Seriuosly? K53 prescripts in terms of mirror observations cause far more observation time away from the direction travelled and that is not deemed dangerous? Ok, i do expect vaping within reason but this type of nannying just grinds my gears.

Regards

Reactions: Agree 1


----------



## RichJB (6/3/18)

Hallucinated_ said:


> Oh my bad, I saw the head of the article *Police warn vaping motorists could lose their licence and face prosecution if they use e-cigarette at wheel. *or did you miss that



No, I didn't miss that. However, I think that you may have missed this excerpt from the article:



> Sergeant John Davis of Surrey Police echoed this comment, adding: "Any person who is distracted in any way could be guilty of an offence - whether that be smoking, vaping or eating.



Which answers your question about smoking at the wheel.

Reactions: Winner 1 | Informative 1


----------



## Silver (6/3/18)

Thanks for this @Alex

I am so strongly against people driving and not concentrating.

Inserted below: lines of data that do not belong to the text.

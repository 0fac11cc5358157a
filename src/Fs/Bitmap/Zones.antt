-- ===== src/Fs/Bitmap/Zones.antt =====
-- Zones are handed out once.
use linux.Base.{
  ℕ, ◌+◌, ◌-◌, ◌*◌, ◌/◌, ◌≡◌, ◌≢◌, ◌⊎◌, ◌≤◌, ◌<◌, refl, sym, ap, subst, ◌∙◌, inl, inr, true, false,
  ◌||◌, none, some, List, [], ◌∷◌, ltb, leb, update, update_self, update_ne, Bool-cases,
  Option-cases, arith,
}
use native.Mathlib.Decide.{ℕ_discrete}
use linux.Fs.Bitmap.Defs.{Super, Maps, Bits, block_bits, scan_map, zmap_base, new_block, free_block}
use linux.Fs.Bitmap.Scan.{IsFree, FreeOrFull, scan_map-FreeOrFull}

module _ (sb : Super) where
  abbrev pub map_size : ℕ
  map_size = sb.zmap_blocks * block_bits

  -- new_block() either fails, and changes nothing, when every bit in the readable blocks of the map
  -- is set, or returns the zone of the first clear bit there, and sets this bit and no other.
  pub new_block_lem :
      (m : Maps)
      → ((new_block (some sb) m ≡ (0, m)) × FreeOrFull m (zmap_base sb) m.zmap 0 map_size none)
        ⊎ ((k : ℕ) × IsFree m (zmap_base sb) m.zmap 0 map_size k
            × (new_block (some sb) m
                ≡ (sb.firstdatazone + k, record m { zmap = update m.zmap k true })))
  unfolding new_block
  new_block_lem m = elim (Option-cases (scan_map sb.zmap_blocks 0 (zmap_base sb) m m.zmap)) [
    | inl e ↦
        inl (
          (rw e refl),
          subst (λ o. FreeOrFull m (zmap_base sb) m.zmap 0 map_size o) e (scan_says m),
        )
    | inr (k, e) ↦ inr (
      k,
      subst (λ o. FreeOrFull m (zmap_base sb) m.zmap 0 map_size o) e (scan_says m),
      (rw e refl),
    )
  ]
    where
      scan_says :
          (m : Maps)
          → FreeOrFull m
              (zmap_base sb)
              m.zmap
              0
              map_size
              (scan_map sb.zmap_blocks 0 (zmap_base sb) m m.zmap)
      scan_says m =
          subst
            (λ n.
              FreeOrFull m (zmap_base sb) m.zmap 0 (n * block_bits)
                (scan_map sb.zmap_blocks 0 (zmap_base sb) m m.zmap))
            (omega arith) (scan_map-FreeOrFull (zmap_base sb) m m.zmap sb.zmap_blocks 0)

  -- free_block() of the zone that new_block() has just returned gives back the map as it was, if the
  -- zone is below s_nzones.
  pub free_block-new_block :
      (m : Maps) (l : ℕ)
      → (new_block (some sb) m).0 ≢ 0
      → (new_block (some sb) m).0 < sb.nzones
      → (free_block (some sb) (new_block (some sb) m).0 (new_block (some sb) m).1).zmap l ≡ m.zmap l
  unfolding free_block
  free_block-new_block m l given below = elim (new_block_lem m) [
    | inl (failed, full) ↦ absurd (given (ap (λ r. r.0) failed))
    | inr (k, free, e) ↦
        let bound : sb.firstdatazone + k < sb.nzones =
          subst (λ (r : ℕ × Maps). r.0 < sb.nzones) e below in
        rw e (restored m l k free bound)
  ]
    where
      restored :
          (m : Maps) (l k : ℕ)
          → IsFree m (zmap_base sb) m.zmap 0 map_size k
          → sb.firstdatazone + k < sb.nzones
          → (free_block
                (some sb)
                (sb.firstdatazone + k)
                (record m { zmap = update m.zmap k true })).zmap
              l
            ≡ m.zmap l
      restored m l k free bound =
          let z = sb.firstdatazone + k in
          let inside : ltb z sb.firstdatazone || leb sb.nzones z ≡ false = ground arith in
          let at : z - sb.firstdatazone ≡ k = omega arith in
          rw (inside, at, free.readable)
            (elim (ℕ_discrete k l) [
              | yes e ↦
                  subst (λ i. update (update m.zmap k true) k false i ≡ m.zmap i) e
                    (update_self (update m.zmap k true) k false ∙ sym free.is_clear)
              | no d ↦ update_ne (update m.zmap k true) k l false d ∙ update_ne m.zmap k l true d
            ])

  -- The bit of a zone.
  abbrev pub InUse : Maps → ℕ → Type 0
  InUse m z = (sb.firstdatazone ≤ z) × (m.zmap (z - sb.firstdatazone) ≡ true)

  -- A zone in use is not handed out, and stays in use.
  taken_lem :
      (m : Maps) (z : ℕ)
      → 1 ≤ sb.firstdatazone
      → InUse m z
      → ((new_block (some sb) m).0 ≢ z) × InUse (new_block (some sb) m).1 z
  taken_lem m z one (low, used) = elim (new_block_lem m) [
    | inl (failed, full) ↦ rw failed ((λ e. absurd (omega (arith, e))), (low, used))
    | inr (k, free, e) ↦
        let other : k ≢ z - sb.firstdatazone =
          (λ x. differ m.zmap k (z - sb.firstdatazone) free.is_clear used x) in
        rw e (
          (λ x. other (omega (arith, x))),
          (low, update_ne m.zmap k (z - sb.firstdatazone) true other ∙ used),
        )
  ]
    where
      differ : (bits : Bits) (k l : ℕ) → bits k ≡ false → bits l ≡ true → k ≢ l
      differ bits k l a b x = let g : bits l ≡ false = subst (λ i. bits i ≡ false) x a in cc

  given_lem :
      (m : Maps) (block z : ℕ) → block ≢ z → InUse m z → InUse (free_block (some sb) block m) z
  unfolding free_block
  given_lem m block z other (low, used) =
      elim (Bool-cases (ltb block sb.firstdatazone || leb sb.nzones block)) [
        | inl e ↦ rw e (low, used)
        | inr e ↦
            elim (Bool-cases
              (m.readable (zmap_base sb + (block - sb.firstdatazone) / block_bits))) [
                | inl r ↦
                    let d : (block - sb.firstdatazone) ≢ (z - sb.firstdatazone) =
                      ground (arith, other) in
                    rw (e, r)
                      (
                        low,
                        update_ne m.zmap (block - sb.firstdatazone) (z - sb.firstdatazone) false d
                            ∙ used,
                      )
                | inr r ↦ rw (e, r) (low, used)
              ]
      ]

-- A call of the allocator.
pub data Call : Type 0 where
  take_zone : Call
  give_zone : ℕ → Call

-- What the calls of new_block() return.
unfoldable pub zones : Super → List Call → Maps → List ℕ
zones sb [] m = []
zones sb (take_zone ∷ cs) m = let (z, m') = new_block (some sb) m in z ∷ zones sb cs m'
zones sb (give_zone z ∷ cs) m = zones sb cs (free_block (some sb) z m)

-- No call gives the zone back.
abbrev pub Keeps : ℕ → List Call → Type 0
Keeps z [] = Unit {0}
Keeps z (take_zone ∷ cs) = Keeps z cs
Keeps z (give_zone z' ∷ cs) = (z' ≢ z) × Keeps z cs

abbrev pub Lacks : ℕ → List ℕ → Type 0
Lacks z [] = Unit {0}
Lacks z (x ∷ xs) = (x ≢ z) × Lacks z xs

-- A zone in use is not handed out again by any sequence of allocations and releases that does not
-- release it, whatever blocks can be read, if the first data zone is not 0.
pub zones-Lacks :
    (sb : Super) (cs : List Call) (m : Maps) (z : ℕ)
    → 1 ≤ sb.firstdatazone
    → InUse sb m z
    → Keeps z cs
    → Lacks z (zones sb cs m)
unfolding zones
zones-Lacks sb [] m z one used keeps = tt
zones-Lacks sb (take_zone ∷ cs) m z one used keeps =
    let (other, used') = taken_lem sb m z one used in
    (other, zones-Lacks sb cs (new_block (some sb) m).1 z one used' keeps)
zones-Lacks sb (give_zone z' ∷ cs) m z one used (other, keeps) =
    zones-Lacks sb cs (free_block (some sb) z' m) z one (given_lem sb m z' z other used) keeps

Today I was driving in Sandton after a meeting and saw about three or four people with their cellphones right in front of their faces busy scrolling while driving. *Not stopped at the robot*. Driving - at speeds of about 40/50 km/h.

It's so sad.

I wish those people would consider the safety of others when they drive a 1.5 ton projectile in a public road with other drivers and pedestrians around them - while they trying to scroll on their phone and clearly not looking at the road.

It's obvious they don't know what damage they can cause to others by a lack of concentration for just a second or two.

Reactions: Agree 2


----------